Data Engineering On Databricks
HealthcareA leading therapeutics company revolutionising data engineering and transformation with Databricks
About Data Engineering On Databricks
A leading Therapeutics company is committed to developing novel therapies with the potential to transform the lives of people with debilitating disorders of the brain. They are pursuing new pathways to improve brain health and run depression, neurology, and neuropsychiatry franchise programs that aim to change how brain disorders are perceived and treated. Their mission is to make medicines that matter so people can get better, sooner. They aim to transform the practice of neuroscience research and rethink how central nervous system (CNS) disorders are understood and treated. Their mission is to pioneer solutions to deliver life-changing brain health medicines, so every person can thrive.
The Challenge
A pioneering Therapeutics company is focused on delivering life-changing brain health medicines and therapies. They focus on drug and compound research and development. They use translational data to drive efficiency in drug development, explore the impact of their proprietary compounds and understand their potential in the treatment of disorders of the brain. They have designed a portal to offer accurate, balanced, and current scientific information to support medical professionals with AntStack.
Our Goals
Their initial expectations involved building pipelines to load data from various sources, performing required transformations on said data, and making them available to business users and analysts, all using the Databricks platform. The data to be loaded ranged from research and development data regarding tests, drugs, and compounds to commercial and customer data collected both internally and from external vendors. While the data sources varied from SFTP servers and external RDBMS databases to text and CSV files made available via AWS S3. The requirement also involved the eventual development of a framework and process which could be adapted for any use case and to handle any type and scale of data.

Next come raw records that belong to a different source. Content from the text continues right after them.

-- ===== src/ErrorTracker/Lifecycle.antt =====
-- backend/app/services/error_tracker/lifecycle.py: what becomes of the error issues that are linked
-- to a task. The collection of issues is a list, with the fields that are read or set.
use claude_todo.Prelude.{
  ℕ, suc, String, Bool, true, false, ◌&&◌, List, [], ◌∷◌, string_eq, if◌then◌else◌, contains,
}

data IssueStatus : Type 0 where
  unresolved resolved ignored : IssueStatus

record ErrorIssue : Type 0 where
  linked_task_ids : List String
  status : IssueStatus
  updated_at : ℕ

abbrev is_unresolved : IssueStatus → Bool
is_unresolved unresolved = true
is_unresolved _ = false

-- `update_many`, with the number of issues that it changed.
unfoldable settle : IssueStatus → ℕ → String → List ErrorIssue → ℕ × List ErrorIssue
settle status now task_id [] = (0, [])
settle status now task_id (issue ∷ issues) =
    let (count, rest) = settle status now task_id issues in
    if contains issue.linked_task_ids task_id && is_unresolved issue.status
    then (suc count, record issue { status = status; updated_at = now } ∷ rest)
    else (count, issue ∷ rest)

unfoldable resolve_linked_issues : ℕ → String → List ErrorIssue → ℕ × List ErrorIssue
unfolding settle
resolve_linked_issues now task_id issues = settle resolved now task_id issues

unfoldable ignore_linked_issues : ℕ → String → List ErrorIssue → ℕ × List ErrorIssue
unfolding settle
ignore_linked_issues now task_id issues = settle ignored now task_id issues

Technology Advancement with New Serverless Platform
The Therapeutics company was facing challenges with the existing system and was delighted with the following outcomes:
Speed and Reliability Goals
While they use the tool https://healthchecks.io/ for selected use cases and follow a general practice of maintaining checklists for quality and sanity checks, they now wanted To speed up the primary metric for speed and reliability. The ability to apply the aforementioned process/ framework in non-generic use cases and ad hoc requirements. AntStack was able to provide resilient solutions to hurdles in data loading and transformation within a relatively short period while maintaining the data quality.
Simple and Effective Cron Job Monitoring
They were looking for a notification system for the nightly backups, weekly reports, cron jobs, and scheduled tasks. Most of these jobs were not running on time. AntStack solved their issues with a process flow, wherein a user generates a unique ping URL for their background job. Then update the job to send an HTTP request to the ping URL every time the job runs. When the job does not ping Healthchecks.io on time, Healthchecks.io alerts the user. This simple yet effective solution helped them deliver on time.
Seamless Integration with External Storage Services
The Therapeutics company did not want to go serverless in its implementation to manage clusters. Instead, they wanted Databricks to take care of spinning up, managing, and orchestrating the compute clusters used for the ETL process as well as SQL Endpoints for querying and analytics. AntStack utilized Databricks and helped them seamlessly integrate with external storage services, job orchestration, and workflow capabilities, along with git integration for source control and preconfigured spark environment. The program featured rich notebooks with support for multiple languages, including SQL, Python, Shell, etc., making the trade-off of managed clusters over serverless computing worth it.
Technological Loading and Transformation
They were loading data and applying the required transformations to the data, which could vary from adding new columns, doing various aggregations, and joining to combining data from various bronze tables to single or multiple target tables across the refined/silver and trusted/gold layers. The implementation involved using the Databricks platform to load data from various sources using spark methods available through PySpark and spark SQL. The source data is loaded from various sources using different methods of reading ‘said data’ supported by the spark to a raw/bronze layer. The cleaned and transformed data is then made available to business users and analysts via SQL warehouses (endpoints) provided by Databricks with granular permissions. Databricks notebooks and workflows are employed to achieve the bulk of the loading and transformation, while the AWS Glue data catalog acts as a hive metastore alongside ample use of other AWS services like SES for reporting.
Faster and Reliable Framework
The Therapeutics company lacked a fast and reliable framework to load and transform huge chunks of data spread across multiple sources, systems, and teams. AntStack offered a solution involving setting up processes and templates to handle various generic data loading scenarios to improve and streamline the time taken between collecting the data and being able to explore it. This approach helped reduce the time involved and helped identify and understand the pain points which could be focused on, specifically the generic cases that have been handled faster.